- **TASK TO CARRY OUT**: Return the data below exactly, but only from the line containing "read-IsSound m (ok" through the line containing "(m : Message Bytes) (r : Result Fields)", with both of those lines included.
»»
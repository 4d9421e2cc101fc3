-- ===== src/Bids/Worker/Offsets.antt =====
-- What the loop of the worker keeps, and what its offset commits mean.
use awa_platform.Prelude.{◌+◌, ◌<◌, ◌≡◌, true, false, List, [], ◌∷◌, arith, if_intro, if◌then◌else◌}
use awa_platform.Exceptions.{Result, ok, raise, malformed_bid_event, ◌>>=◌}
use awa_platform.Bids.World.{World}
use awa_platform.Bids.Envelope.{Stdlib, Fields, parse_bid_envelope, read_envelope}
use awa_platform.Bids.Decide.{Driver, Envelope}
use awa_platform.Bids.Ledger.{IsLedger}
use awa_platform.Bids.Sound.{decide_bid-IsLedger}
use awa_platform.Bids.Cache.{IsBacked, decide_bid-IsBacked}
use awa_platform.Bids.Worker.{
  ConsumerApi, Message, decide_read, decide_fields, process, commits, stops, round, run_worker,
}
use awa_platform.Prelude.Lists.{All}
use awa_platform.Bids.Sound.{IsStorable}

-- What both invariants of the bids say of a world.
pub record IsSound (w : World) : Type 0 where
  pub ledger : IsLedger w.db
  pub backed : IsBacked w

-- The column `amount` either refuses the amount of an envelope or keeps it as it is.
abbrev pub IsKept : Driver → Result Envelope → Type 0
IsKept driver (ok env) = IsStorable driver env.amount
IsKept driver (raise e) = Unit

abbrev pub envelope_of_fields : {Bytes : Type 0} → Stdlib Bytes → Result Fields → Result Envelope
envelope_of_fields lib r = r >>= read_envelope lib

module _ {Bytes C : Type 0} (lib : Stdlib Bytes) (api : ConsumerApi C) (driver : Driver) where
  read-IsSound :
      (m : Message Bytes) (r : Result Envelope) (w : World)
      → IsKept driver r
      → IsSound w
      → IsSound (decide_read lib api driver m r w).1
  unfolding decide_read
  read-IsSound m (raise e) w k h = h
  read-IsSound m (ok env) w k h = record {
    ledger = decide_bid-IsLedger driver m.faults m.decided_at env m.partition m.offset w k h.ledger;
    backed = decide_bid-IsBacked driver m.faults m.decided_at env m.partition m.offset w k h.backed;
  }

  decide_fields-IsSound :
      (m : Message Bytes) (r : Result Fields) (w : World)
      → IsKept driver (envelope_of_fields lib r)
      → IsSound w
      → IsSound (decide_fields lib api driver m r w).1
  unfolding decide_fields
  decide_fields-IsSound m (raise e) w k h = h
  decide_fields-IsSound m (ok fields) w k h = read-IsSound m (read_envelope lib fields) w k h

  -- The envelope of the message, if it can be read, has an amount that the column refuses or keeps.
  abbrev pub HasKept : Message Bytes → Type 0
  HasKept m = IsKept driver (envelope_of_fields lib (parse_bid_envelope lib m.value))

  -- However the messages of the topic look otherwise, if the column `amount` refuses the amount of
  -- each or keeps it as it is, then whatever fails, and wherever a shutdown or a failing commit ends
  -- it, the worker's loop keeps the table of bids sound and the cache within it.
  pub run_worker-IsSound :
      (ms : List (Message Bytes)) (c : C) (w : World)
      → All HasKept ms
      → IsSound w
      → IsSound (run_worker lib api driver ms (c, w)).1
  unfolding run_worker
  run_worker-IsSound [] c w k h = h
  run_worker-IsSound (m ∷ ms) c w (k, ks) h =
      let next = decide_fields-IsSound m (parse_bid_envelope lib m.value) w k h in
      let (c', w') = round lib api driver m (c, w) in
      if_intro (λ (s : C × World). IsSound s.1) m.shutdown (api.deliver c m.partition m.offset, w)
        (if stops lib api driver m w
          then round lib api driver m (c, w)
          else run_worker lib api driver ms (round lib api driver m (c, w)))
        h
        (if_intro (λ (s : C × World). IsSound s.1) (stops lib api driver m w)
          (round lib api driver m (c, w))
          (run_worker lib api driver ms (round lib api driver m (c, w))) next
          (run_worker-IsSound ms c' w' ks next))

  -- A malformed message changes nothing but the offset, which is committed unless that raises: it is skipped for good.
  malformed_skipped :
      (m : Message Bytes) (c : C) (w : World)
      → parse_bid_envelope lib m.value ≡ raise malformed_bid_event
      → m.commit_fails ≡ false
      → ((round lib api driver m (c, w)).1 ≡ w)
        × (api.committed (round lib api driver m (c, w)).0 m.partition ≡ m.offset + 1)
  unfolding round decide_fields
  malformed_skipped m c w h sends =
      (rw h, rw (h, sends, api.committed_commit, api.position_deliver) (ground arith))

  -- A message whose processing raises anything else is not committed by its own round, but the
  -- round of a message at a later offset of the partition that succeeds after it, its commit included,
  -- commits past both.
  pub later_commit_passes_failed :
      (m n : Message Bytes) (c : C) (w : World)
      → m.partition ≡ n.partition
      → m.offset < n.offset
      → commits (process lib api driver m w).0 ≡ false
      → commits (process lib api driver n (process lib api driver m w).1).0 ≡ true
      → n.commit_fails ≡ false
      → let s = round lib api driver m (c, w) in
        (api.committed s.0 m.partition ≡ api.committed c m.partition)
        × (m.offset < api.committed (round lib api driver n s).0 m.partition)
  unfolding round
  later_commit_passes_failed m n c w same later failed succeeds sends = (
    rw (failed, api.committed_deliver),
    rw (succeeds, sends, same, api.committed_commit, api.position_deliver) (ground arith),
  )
««
- **YOUR SOLUTION**:
  read-IsSound m (ok env) w k h = record {
    ledger = decide_bid-IsLedger driver m.faults m.decided_at env m.partition m.offset w k h.ledger;
    backed = decide_bid-IsBacked driver m.faults m.decided_at env m.partition m.offset w k h.backed;
  }

  decide_fields-IsSound :
      (m : Message Bytes) (r : Result Fields) (w : World)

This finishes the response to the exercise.